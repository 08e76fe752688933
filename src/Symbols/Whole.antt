-- ===== src/Symbols/Whole.antt =====
-- When the declarations of a program are accepted, and what the table holds then.
use calynda_for_wii.Base.{
  Bytes, Bool, true, false, ◌&&◌, Option, none, some, List, [], ◌∷◌, ◌≡◌, ◌⊎◌, inl, inr, refl, sym,
  ◌∙◌, Bool-cases,
}
use calynda_for_wii.Symbols.Ast.{AstProgram}
use calynda_for_wii.Symbols.State.{Symbol, SymbolTable, Scope, scope_program, zero_table}
use calynda_for_wii.Symbols.Core.{scope_at, st_scope_new}
use calynda_for_wii.Symbols.Imports.{◌>>=◌, st_add_package_symbol, st_add_import_symbols}
use calynda_for_wii.Symbols.Predeclare.{st_predeclare_top_level_bindings, build_names}
use calynda_for_wii.Symbols.Names.{repeats, fresh, fresh-distinct, apart, distinct_names}
use calynda_for_wii.Symbols.Added.{imports_of, with_imports, st_add_import_symbols-Adds, stops}
use calynda_for_wii.Symbols.Declared.{top_symbols, allowed, rooted, st_predeclare-Declares}

-- No two imports have the same name, no two declarations do, and no declaration but an external one
-- has the name of an import.
abbrev pub no_clash : AstProgram → Bool
no_clash program =
    let imports = imports_of program.imports (some 0) in
    let symbols = top_symbols 0 program.top_level_decls in
    distinct_names imports && (distinct_names symbols && allowed imports symbols)

abbrev pub root_scope_of : AstProgram → Scope
root_scope_of program = record {
  kind = scope_program;
  owner = program.node;
  parent = none;
  children = [];
  symbols = [];
}

-- The table holds the imports and, in its only scope, the declarations, in their order; it holds no
-- identifier and no error.
pub record IsDeclared (program : AstProgram) (table : SymbolTable) : Type 0 where
  pub imports_are : table.imports ≡ imports_of program.imports (some 0)
  pub root_is : table.root_scope ≡ some 0
  pub symbols_are : (scope_at table 0).symbols ≡ top_symbols 0 program.top_level_decls
  pub scopes_are :
      table.scopes
      ≡ record (root_scope_of program) { symbols = top_symbols 0 program.top_level_decls } ∷ []
  pub resolutions_are : table.resolutions ≡ []
  pub unresolved_are : table.unresolved_identifiers ≡ []
  pub no_error : table.has_error ≡ false

repeats_nothing : (name : Option Bytes) → repeats name [] ≡ false
repeats_nothing none = refl
repeats_nothing (some name) = refl

apart-nothing : (l : List Symbol) → apart [] l ≡ true
apart-nothing [] = refl
apart-nothing (s ∷ l) = rw (apart-nothing l, repeats_nothing s.name) refl

fresh-nothing : (l : List Symbol) → fresh [] l ≡ distinct_names l
fresh-nothing l = fresh-distinct [] l ∙ rw apart-nothing refl

-- The table with the root scope and a symbol of the package.
abbrev started : AstProgram → Option Symbol → SymbolTable
started program pkg = record zero_table {
  program = program.node;
  package_symbol = pkg;
  scopes = root_scope_of program ∷ [];
  root_scope = some 0;
}

build_names_lem :
    (program : AstProgram)
    → (pkg : Option Symbol) × (build_names program ≡ (
        st_add_import_symbols program.imports (started program pkg)
        >>= st_predeclare_top_level_bindings 0 program.top_level_decls))
unfolding build_names st_scope_new st_add_package_symbol
build_names_lem program = elim (Bool-cases program.has_package) [
  | inl e ↦ ((st_add_package_symbol program zero_table).1.package_symbol, rw e refl)
  | inr e ↦ (none, rw e refl)
]

-- The declarations of a program are accepted exactly where no two imports have the same name, no two
-- top-level declarations do, and no binding and no union has the name of an import; then the table
-- holds a symbol for each import and, in its only scope, each such declaration, in their order, and no
-- identifier and no error, and otherwise it has an error.
pub build_names-cases :
    (program : AstProgram)
    → ((no_clash program ≡ true)
        × (table : SymbolTable) × (build_names program ≡ (true, table))
        × IsDeclared program table)
      ⊎ ((no_clash program ≡ false)
          × ((build_names program).0 ≡ false)
          × ((build_names program).1.has_error ≡ true))
build_names-cases program =
    let (pkg, built) = build_names_lem program in
    let base = started program pkg in
    let root = root_scope_of program in
    let imports = imports_of program.imports (some 0) in
    let symbols = top_symbols 0 program.top_level_decls in
    let declare_all = st_predeclare_top_level_bindings 0 program.top_level_decls in
    elim (st_add_import_symbols-Adds program.imports base) [
      | inr (used, e, h) ↦
          let (stop, h') = stops (st_add_import_symbols program.imports base) declare_all e h in
          inr (rw (sym (fresh-nothing imports) ∙ used) refl, rw built stop, rw built h')
      | inl (new, e) ↦
          elim (st_predeclare-Declares program.top_level_decls (with_imports base imports) root
            []) [
              | inr (used, stop, h) ↦ inr (
                rw (sym (fresh-nothing imports) ∙ new, sym (fresh-nothing symbols)) used,
                rw (built, e) stop,
                rw (built, e) h,
              )
              | inl (new', e') ↦ inl (
                rw (sym (fresh-nothing imports) ∙ new, sym (fresh-nothing symbols)) new',
                rooted (with_imports base imports) root symbols,
                rw (built, e) e',
                record {
                  imports_are = refl;
                  root_is = refl;
                  symbols_are = refl;
                  scopes_are = refl;
                  resolutions_are = refl;
                  unresolved_are = refl;
                  no_error = refl;
                },
              )
            ]
    ]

TRY IT:
Beginning with the line above that contains "fresh-nothing l = fresh-distinct", copy each line exactly up to and including the line that contains "package_symbol = pkg;", and go no further.

YOUR SOLUTION:
fresh-nothing l = fresh-distinct [] l ∙ rw apart-nothing refl

-- The table with the root scope and a symbol of the package.
abbrev started : AstProgram → Option Symbol → SymbolTable
started program pkg = record zero_table {
  program = program.node;
  package_symbol = pkg;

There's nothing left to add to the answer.